▸ Work instruction:
Repeat each entry in full, exactly.

═══ Data section

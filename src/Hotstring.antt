-- ===== src/Hotstring.antt =====
-- include/ahkunix/Hotstring.hpp, and the parser of one trigger line in src/AhkParser.cpp:
-- `split_utf8`, `parse_trigger_expr`, `parse_replacement` and `parse_hotstring_line`.
pub mod Trigger
pub mod Replacement
pub mod Line
pub mod Utf8
pub mod Split
pub mod Modifier
pub mod Tails
pub mod Fuel
mod Tests
use ahk_unix.Base.{ℕ, Bool, true, List, [], Bytes}
use ahk_unix.Base.Int.{ℤ}
use ahk_unix.Command.{Commands, nil}

-- The field `require_all_modifiers` is never read and is left out. `context` is shared by all
-- hotstrings of a file: ScriptFile.antt returns it beside them.
pub record Hotstring : Type 0 where
  pub trigger_keys : List ℕ
  pub trigger_modifiers : List ℕ
  pub erase_trigger : Bool
  pub commands : Commands
  pub replacement_utf8 : Bytes
  pub tail_keys : List (ℕ × ℤ)

-- `Hotstring hs;`
abbrev pub empty_hotstring : Hotstring
empty_hotstring = record {
  trigger_keys = [];
  trigger_modifiers = [];
  erase_trigger = true;
  commands = nil;
  replacement_utf8 = [];
  tail_keys = [];
}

══════

▸ Solution to the problem:
filename src/Hotstring.antt
-- ===== src/Hotstring.antt =====
-- include/ahkunix/Hotstring.hpp, and the parser of one trigger line in src/AhkParser.cpp:
-- `split_utf8`, `parse_trigger_expr`, `parse_replacement` and `parse_hotstring_line`.
pub mod Trigger
pub mod Replacement
pub mod Line
pub mod Utf8
pub mod Split
pub mod Modifier
pub mod Tails
pub mod Fuel
mod Tests
use ahk_unix.Base.{ℕ, Bool, true, List, [], Bytes}
use ahk_unix.Base.Int.{ℤ}
use ahk_unix.Command.{Commands, nil}

-- The field `require_all_modifiers` is never read and is left out. `context` is shared by all
-- hotstrings of a file: ScriptFile.antt returns it beside them.
pub record Hotstring : Type 0 where
  pub trigger_keys : List ℕ
  pub trigger_modifiers : List ℕ
  pub erase_trigger : Bool
  pub commands : Commands
  pub replacement_utf8 : Bytes
  pub tail_keys : List (ℕ × ℤ)

-- `Hotstring hs;`
abbrev pub empty_hotstring : Hotstring
empty_hotstring = record {
  trigger_keys = [];
  trigger_modifiers = [];
  erase_trigger = true;
  commands = nil;
  replacement_utf8 = [];
  tail_keys = [];
}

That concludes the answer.